Angel Francisco Sánchez Machorro

Estudiante de Relaciones Internacionales

Las curvas se vuelven eternas. La camioneta va cargada para cuatro meses en la sierra norte oaxaqueña. Los letreros en la carretera mantienen la esperanza de que estás pronto a tu llegada. A lo lejos se alcanza a leer: 

“BIENVENIDOS A LA TIERRA DEL  

LIC. BENITO JUÁREZ GARCÍA 

 BENEMÉRITO DE LAS AMERICAS” 

Es al subir por sus calles empinadas cuando me doy cuenta de que no podré usar la bicicleta que me han prestado– la cual apenas tiene frenos-. Entro al Comedor Yela Too y por fin conozco a Doña Jael, con quien conseguí un cuarto para mi estadía. Me lleva a conocerlo y lo primero que me llama la atención es que el cuarto da directamente a un panteón. Mi madre me dice que preferiría que buscara otro lugar para vivir. No le gusta que esté tan cerca del panteón. Le prometo que estaré bien. Le digo que prefiero tener algo de compañía.  

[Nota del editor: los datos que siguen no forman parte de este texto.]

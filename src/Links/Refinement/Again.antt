-- ===== src/Links/Refinement/Again.antt =====
-- `enet_list_insert` of original/list.c with a node that is in the list already.
use enet_rs.Prelude.{
  ℕ, ◌≡◌, ◌≢◌, refl, ◌∙◌, List, [], ◌∷◌, ◌++◌, is_empty, ◌==◌, if◌then◌else◌, arith,
}
use enet_rs.Links.{Links, set_next, set_previous, list_insert}
use enet_rs.Links.Refinement.{
  Chain, adjacent, through, Absent, absent_from, Distinct, distinct, insert_next, Represents,
}

-- From a, the next fields lead through xs to b.
pub data LeadsTo (l : Links) : ℕ → List ℕ → ℕ → Type 0 where
  at_once : (a b : ℕ) → l.next a ≡ b → LeadsTo l a [] b
  by_way_of :
      (a x : ℕ) (xs : List ℕ) (b : ℕ) → l.next a ≡ x → LeadsTo l x xs b → LeadsTo l a (x ∷ xs) b

-- The node before b.
abbrev before : ℕ → List ℕ → ℕ
before a [] = a
before a (x ∷ xs) = before x xs

before-previous :
    (l : Links) (a : ℕ) (xs : List ℕ) (b : ℕ) → Chain l a xs b → l.previous b ≡ before a xs
before-previous l a [] b (adjacent _ _ x) = x.back
before-previous l a (x ∷ xs) b (through _ _ _ _ _ c) = before-previous l x xs b c

before-append : (a : ℕ) (xs : List ℕ) (x : ℕ) (ys : List ℕ) → before a (xs ++ x ∷ ys) ≡ before x ys
before-append a [] x ys = refl
before-append a (y ∷ xs) x ys = before-append y xs x ys

-- A node that is absent from the nodes is not the last of them.
last_differs : (n a : ℕ) (xs : List ℕ) → Absent n (a ∷ xs) → n ≢ before a xs
last_differs n a [] (absent_from _ _ h _) = h
last_differs n a (x ∷ xs) (absent_from _ _ _ h) = last_differs n x xs h

Absent-behind : (n : ℕ) (xs ys : List ℕ) → Absent n (xs ++ ys) → Absent n ys
Absent-behind n [] ys h = h
Absent-behind n (x ∷ xs) ys (absent_from _ _ _ h) = Absent-behind n xs ys h

-- The nodes in front of x, which differ from x and from the last node, lead to it as before.
LeadsTo-insert :
    (l : Links) (s x : ℕ) (ys : List ℕ) (b : ℕ) (xs : List ℕ) (a : ℕ)
    → l.previous s ≡ before x ys
    → Chain l a (xs ++ x ∷ ys) b
    → Distinct (a ∷ xs ++ x ∷ ys)
    → LeadsTo (list_insert s x l) a xs x
LeadsTo-insert l s x ys b [] a e (through _ _ _ _ y _) (distinct _ _ h _) =
    at_once a x (insert_next s x l a (λ f. last_differs a x ys h (f ∙ e)) (front h) ∙ y.forward)
  where
    front : Absent a (x ∷ ys) → a ≢ x
    front (absent_from _ _ g _) = g
LeadsTo-insert l s x ys b (z ∷ xs) a e (through _ _ _ _ y c)
      (distinct _ _ (absent_from _ _ _ h) d) =
    by_way_of a z xs x
      (insert_next s x l a (λ f. last_differs a x ys g (f ∙ e)) (front g) ∙ y.forward)
      (LeadsTo-insert l s x ys b xs z e c d)
  where
    g : Absent a (x ∷ ys)
    g = Absent-behind a xs (x ∷ ys) h

    front : Absent a (x ∷ ys) → a ≢ x
    front (absent_from _ _ k _) = k

next_inserted :
    (l : Links) (s x : ℕ) → (list_insert s x l).next x ≡ (if l.previous s == x then x else s)
unfolding list_insert set_next set_previous
next_inserted l s x = ground arith

behind_apart :
    (x : ℕ) (ys : List ℕ) (xs : List ℕ) (a : ℕ) → Distinct (a ∷ xs ++ x ∷ ys) → Absent x ys
behind_apart x ys [] a (distinct _ _ _ (distinct _ _ h _)) = h
behind_apart x ys (z ∷ xs) a (distinct _ _ _ d) = behind_apart x ys xs z d

next_again :
    (l : Links) (s x : ℕ) (ys : List ℕ)
    → l.previous s ≡ before x ys
    → Absent x ys
    → (list_insert s x l).next x ≡ (if is_empty ys then x else s)
next_again l s x [] e h = next_inserted l s x ∙ ground (arith, e)
next_again l s x (y ∷ ys) e h =
    let g = last_differs x y ys h in next_inserted l s x ∙ ground (arith, e, g)

-- A node x that is in a list already, between xs and ys, is inserted at the list's end once more: from
-- the sentinel the next fields still lead through xs to x, and from there back to the sentinel, past
-- the nodes of ys, or, if x was the last node, to x itself.
pub list_insert-again :
    (l : Links) (s x : ℕ) (xs ys : List ℕ)
    → Represents l s (xs ++ x ∷ ys)
    → LeadsTo (list_insert s x l) s xs x
      × ((list_insert s x l).next x ≡ (if is_empty ys then x else s))
list_insert-again l s x xs ys r =
    let e = before-previous l s (xs ++ x ∷ ys) s r.chain ∙ before-append s xs x ys in
    (
      LeadsTo-insert l s x ys s xs s e r.chain r.apart,
      next_again l s x ys e (behind_apart x ys xs s r.apart),
    )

Los días pasan, las miradas permanecen. Duermo en un lugar por donde han transitado muchas personas, muchas vidas, muchas experiencias. Por la noche regreso a mi cuarto y pienso en los que han estado aquí antes. No los conozco, pero solo sé que en esta realidad la única variable somos nosotros. Los que visitan la comunidad por un tiempo. 

Las primeras noches el sueño se vuelve difícil de conciliar. El cuerpo permanece alerta a cualquier sonido. No pasan cosas extrañas, pero el oído se empieza a acostumbrar a sonidos que todavía no sé nombrar: pasos en el techo, golpes aislados, voces que llegan y se apagan sin cruzar los muros. 

Empiezo a reconocerlos. No son los muertos los que hacen ruido, sino los vivos que los visitan. El viento que choca con mi puerta es el mismo que viaja entre las cruces, gatos que se asustan al no reconocerme. – aún no sé qué es lo que corre en mi techo-. 

La gente me ubica como “el chico del servicio”. Se siente como un gafete heredado, usado antes por alguien más y que ahora me toca portar – en realidad estoy haciendo mis prácticas profesionales, pero eso parece no importar-. 

Todos los días cargo con mi cámara. Llevo más rollos de 35 mm que calcetines. Al principio siento que he exagerado en la cantidad de rollos, pero conforme empiezo a conocer la sierra me doy cuenta de que no habrá ojos suficientes para admirarla. Muy probablemente mis fotografías no le hagan justicia a lo que es. 

Con el paso de los días empiezo a medir el tiempo de otra forma. Ya no reviso tanto el celular. Empiezo a escuchar con más atención lo que me rodea: voces que vienen del panteón, los grillos, los anuncios comunales y las chicharras, habitantes veraniegas que avivan el calor. 

En la ciudad me era incómodo estar cargando con la cámara a todos lados; aquí se ha vuelto una excusa para salir. Camino con ella sin saber qué busco. A veces la levanto y paso minutos viendo a través del visor sin tomar nada, como si hubiera algo que no quiere ser capturado o que aún no logro percibir. 

Empiezo a entender que no he venido a una pasarela. No debo capturarlo todo. Hay cosas que suceden sin que me dé cuenta o se pierden por mi nula reacción, y poco a poco deja de preocuparme. Comprendo que está bien que la vida pase sin ser siempre percibida; que los momentos, los silencios y las fotos perfectas no sean tomadas. Porque ahora entiendo que no todo me pertenece, que no merezco robarlo, solo vivirlo. 

Para la mayoría sigo siendo “el chico del servicio”. Lo repiten como si eso fuese suficiente para saber quién soy. Yo también empiezo a repetirlo; lo uso como una manera de justificar mi presencia. 

1 comentario en “Antes de sentirme en casa”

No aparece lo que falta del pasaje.